At the moment, protesters have reached a stalemate with the Hong Kong and Chinese governments. But that hasn’t quelled their spirits. In fact the demonstration has gone global with New York City, Vancouver, Brisbane and London joining in. Within the city, protesters are now blockading roads at five different districts. 

"The voices of minorities need to be heard and one way to achieve that is through democracy," says Henness Wong, a 25-year-old who has stayed overnight to help as a medical volunteer. "Right now there isn’t representation for those that need help the most in Hong Kong. My parents don’t agree with what I’m doing and they think it’s to the detriment to economic growth of the city. But I think this is short-sighted and in the long run, if this is a city that can celebrate all the voices of its people, the city can actually grow even more."

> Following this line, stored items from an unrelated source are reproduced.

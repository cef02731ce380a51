-- ===== src/Network/Outcomes.antt =====
-- What becomes of a definition that `main` of src/client.c announces, in networks of any shape.
use grintorrent.Base.{
  ℕ, ◌≤◌, ◌<◌, ◌≡◌, ◌≢◌, List, [], ◌∷◌, ◌++◌, arith, length, ok, Bool-cases, inl, inr, ◌==◌,
}
use grintorrent.Base.Int.{pos}
use grintorrent.System.{Md5}
use grintorrent.Tfile.{TfileDef, zero_digest}
use grintorrent.Message.{Kernel, info_size, encode_info}
use grintorrent.Message.Send.{Progresses}
use grintorrent.Share.{tfile_info}
use grintorrent.Share.Wire.{encode_def, IsDef}
use grintorrent.Worker.Read.{Round}
use grintorrent.Network.{Network, Works, Steps}
use grintorrent.Network.Members.{Has}
use grintorrent.Network.Deliveries.{skip}
use grintorrent.Network.Spread.{Walk, Steps-Walk}
use grintorrent.Network.Announce.{
  announce, IsQuiet, announced, announce_lem, announced-IsSpreading, Has-announced,
}
use grintorrent.Network.Floods.{flood_never_ends, length-broadcast}
use grintorrent.Network.Trees.{weigh, flood_completes, total-broadcast}

pub length-skip : (f : ℕ) (ks : List ℕ) → length (skip f ks) ≤ length ks
unfolding skip
length-skip f [] = omega arith
length-skip f (k ∷ ks) = elim (Bool-cases (k == f)) [
  | inl own ↦ rw own (omega (arith, length-skip f ks))
  | inr other ↦ rw other (omega (arith, length-skip f ks))
]

module _ (m : Md5) (t : TfileDef) (neighbours : ℕ → List ℕ) (nz : t.f_hash ≢ zero_digest)
    (def : IsDef t) (o : ℕ) (net : Network) (quiet : IsQuiet t neighbours o net)
    (write : ℕ → Kernel) (up : (k : ℕ) → Progresses (write k))
    (headers : (k : ℕ) → write k 0 info_size ≡ pos info_size) (padding : List ℕ)
    (seven : length padding ≡ 7) where
  -- In a network of any shape: when the tables and the lists of peers of all nodes are valid, the
  -- sockets of each list are its neighbours, the definition's fields have the sizes of the C types
  -- and its digest is not zero, one node has it and all others have room for it and do not, nothing
  -- is under way, connections are up and headers go out whole, then the thread of main that shares
  -- the file returns, and when the packets are read in any order, each by a readWorker as it does
  -- it, and none is under way any more, each node that can be reached from neighbour to neighbour
  -- has the definition in its table.
  pub announce_spreads :
      (start : Network) × (announce write padding t o net ≡ ok start)
      × ((c : ℕ) (end : Network)
          → Steps m start c end
          → end.flight ≡ []
          → (k : ℕ) → Walk t neighbours o k
          → Has t (end.members k).ht)
  announce_spreads = (
    announced t neighbours o padding net,
    announce_lem t neighbours o write padding net quiet def up headers,
    λ c end steps none k walk.
        Steps-Walk t neighbours m nz def o k
          (announced-IsSpreading t neighbours o padding seven net quiet)
          (Has-announced t neighbours o padding seven net quiet) walk steps none,
  )

  -- When the tables and the lists of peers of all nodes are valid, the sockets of each list are its
  -- neighbours, the definition's fields have the sizes of the C types and its digest is not zero,
  -- one node has it and all others have room for it and do not, nothing is under way, connections
  -- are up and headers go out whole, and each node has a neighbour besides whichever one a packet
  -- came from, then the thread of main that shares the file returns, any number of packets can be
  -- read after it, and however many were read, at least as many are under way as that thread sent:
  -- the same definition goes round for ever.
  pub announce_never_ends :
      (r : Round)
      → Works r
      → ((f n : ℕ) → 0 < length (skip f (neighbours n)))
      → (start : Network) × (announce write padding t o net ≡ ok start)
        × ((c : ℕ) → (end : Network) × Steps m start c end)
        × ((c : ℕ) (end : Network)
            → Steps m start c end
            → length (neighbours o) ≤ length end.flight)
  announce_never_ends r works cyclic =
      let spreading = announced-IsSpreading t neighbours o padding seven net quiet in
      let message = encode_info padding tfile_info ++ encode_def t in
      let wide = length-broadcast o message (neighbours o) in
      let ends =
        flood_never_ends t neighbours m nz def cyclic r (announced t neighbours o padding net) works
          spreading.flood (omega (arith, wide, cyclic o o, length-skip o (neighbours o))) in
      (
        announced t neighbours o padding net,
        announce_lem t neighbours o write padding net quiet def up headers,
        ends.0,
        λ c end steps. omega (arith, wide, ends.1 c end steps),
      )

  -- A definition in a tree of nodes: when the tables and the lists of peers of all nodes are valid,
  -- the sockets of each list are its neighbours, the definition's fields have the sizes of the C
  -- types and its digest is not zero, one node has it and all others have room for it and do not,
  -- nothing is under way, connections are up and headers go out whole, and weights of the pairs of
  -- nodes exist by which what a node passes on weighs less than what came to it, then the thread of
  -- main that shares the file returns; in whatever order the packets are read, each by a readWorker
  -- as it does it, no more are read than what that thread sends weighs, and there is a way to read
  -- all, after which each node that can be reached from neighbour to neighbour has the definition
  -- in its table.
  pub announce_completes :
      (weight : ℕ → ℕ → ℕ) (r : Round)
      → Works r
      → ((f n : ℕ) → weigh weight n (skip f (neighbours n)) < weight f n)
      → (start : Network) × (announce write padding t o net ≡ ok start)
        × ((c : ℕ) (end : Network) → Steps m start c end → c ≤ weigh weight o (neighbours o))
        × (c : ℕ) × (end : Network) × Steps m start c end
        × (end.flight ≡ [])
        × ((k : ℕ) → Walk t neighbours o k → Has t (end.members k).ht)
  announce_completes weight r works lighter =
      let message = encode_info padding tfile_info ++ encode_def t in
      let (bounded, c, end, steps, none, everywhere) =
        flood_completes weight t neighbours m nz def lighter r
          (announced t neighbours o padding net) o works
          (announced-IsSpreading t neighbours o padding seven net quiet)
          (Has-announced t neighbours o padding seven net quiet) in
      (
        announced t neighbours o padding net,
        announce_lem t neighbours o write padding net quiet def up headers,
        λ c' end' steps'.
            omega (arith, bounded c' end' steps', total-broadcast weight o message (neighbours o)),
        c,
        end,
        steps,
        none,
        everywhere,
      )
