-- ===== src/Peers/Threads.antt =====
-- `add_peer` of src/client.c as threads run it, statement by statement: every one reads the size before
-- it has the lock.
pub mod Laws
pub mod Log
pub mod Races
use grintorrent.Base.{
  ℕ, ◌*◌, ◌≡◌, ◌==◌, Bool, true, false, List, [], ◌∷◌, ◌++◌, if◌then◌else◌, leb, Run, ok, fault,
  out_of_bounds,
}
use grintorrent.Base.Int.{ℤ}
use grintorrent.Peers.{Peers, realloc, append, unlock}

-- Where a thread is: before the test of the size, at the end, behind the test with its result, in front
-- of the write with the lock, or in front of the unlock.
pub data Pc : Type 0 where
  before finished : Pc
  tested : Bool → Pc
  holding : Bool → Pc
  written : Pc

-- The peers, where every thread is, and, which the code does not keep, the sockets that were written, in
-- their order.
pub record Shared : Type 0 where
  pub peers : Peers
  pub pc : ℕ → Pc
  pub log : List ℤ

unfoldable pub move : ℕ → Pc → (ℕ → Pc) → ℕ → Pc
move t p pc u = if u == t then p else pc u

-- The `realloc` of the branch in which the list was full
abbrev pub grown : ℤ → Bool → Peers → Peers
grown fresh true peers = record peers { arr = realloc fresh (peers.capacity * 2) peers.arr }
grown fresh false peers = peers

module _ (fresh : ℤ) (job : ℕ → ℤ) where
  -- A step of thread `t`, which adds the socket `job t`.
  pub data Step : Shared → Shared → Type 0 where
    test :
        {s : Shared} (t : ℕ)
        → s.pc t ≡ before
        → Step s (record s { pc = move t (tested (leb s.peers.capacity s.peers.size)) s.pc })
    acquire :
        {s : Shared} (t : ℕ) (full : Bool)
        → s.pc t ≡ tested full
        → s.peers.locked ≡ false
        → Step s
            (record s { peers = record s.peers { locked = true }; pc = move t (holding full) s.pc })
    write :
        {s : Shared} (t : ℕ) (full : Bool) (next : Peers)
        → s.pc t ≡ holding full
        → append (grown fresh full s.peers) (job t) ≡ ok next
        → Step s (record s { peers = next; pc = move t written s.pc; log = s.log ++ job t ∷ [] })
    release :
        {s : Shared} (t : ℕ)
        → s.pc t ≡ written
        → Step s (record s { peers = unlock s.peers; pc = move t finished s.pc })

  pub data Reach : Shared → Shared → Type 0 where
    here : {s : Shared} → Reach s s
    step : {s u v : Shared} → Reach s u → Step u v → Reach s v

  -- A thread is about to write outside of the array.
  abbrev pub Overruns : Shared → Type 0
  Overruns s =
      (t : ℕ) × (full : Bool) × (s.pc t ≡ holding full)
      × (append (grown fresh full s.peers) (job t) ≡ fault out_of_bounds)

As Wong noted, there is a generational divide when it comes to this movement. Many in the older generation, like 71-year-old Mr Chan (he wanted to remain anonymous), think the students are being foolish and manipulated by political activists.

"It’s no good," says Chan. "It’s causing such an inconvenience with traffic. Democracy is great, but China is not going to have it and there won’t be any international interference because all the industrial countries like the US, England and Japan depend on China. These kids are just being used. They should just take care of yourselves, marry and have kids."

There are, however, older supporters as well, like 60-year-old retired sociology teacher Rosetta Ng. "Don’t these parents want their kids to have better than they have?" says Ng, who has been to the rally every day. "What they are doing is suppressing them to think freely for themselves. And they do this for their own selfish reasons. I think it has too much to do with the Chinese tradition of filial piety. What your elders say goes. But these young people have a mind of their own."

“When you look at history, a lot of change and social movements come from students” – Yukiko Lui, student

44-year-old Leslie Law agrees: "I like this movement the most because I used to have an impression that the young generation only cares about money. But this movement gives me hope. These students have ideals and they are fighting for them."

"When you look at history, a lot of change and social movements come from students," says 17-year-old Yukiko Lui, who is the co-president of the Amnesty International club at Pokfulam's West Island School. “Just look at the Russian revolution or the civil rights movement. Young people are aware and to say that students are being brainwashed is extremely condescending."

There is a clear resolve in the air just as National Day ends. A collective social conscious has developed where protesters see value in their solidarity, even in the likelihood that CY Leung won’t step down and universal suffrage won’t be achieved. But now the fire's been lit; a new generation of Hong Kongers feel a strengthened identity. And they have a clear idea of where they want to take their city.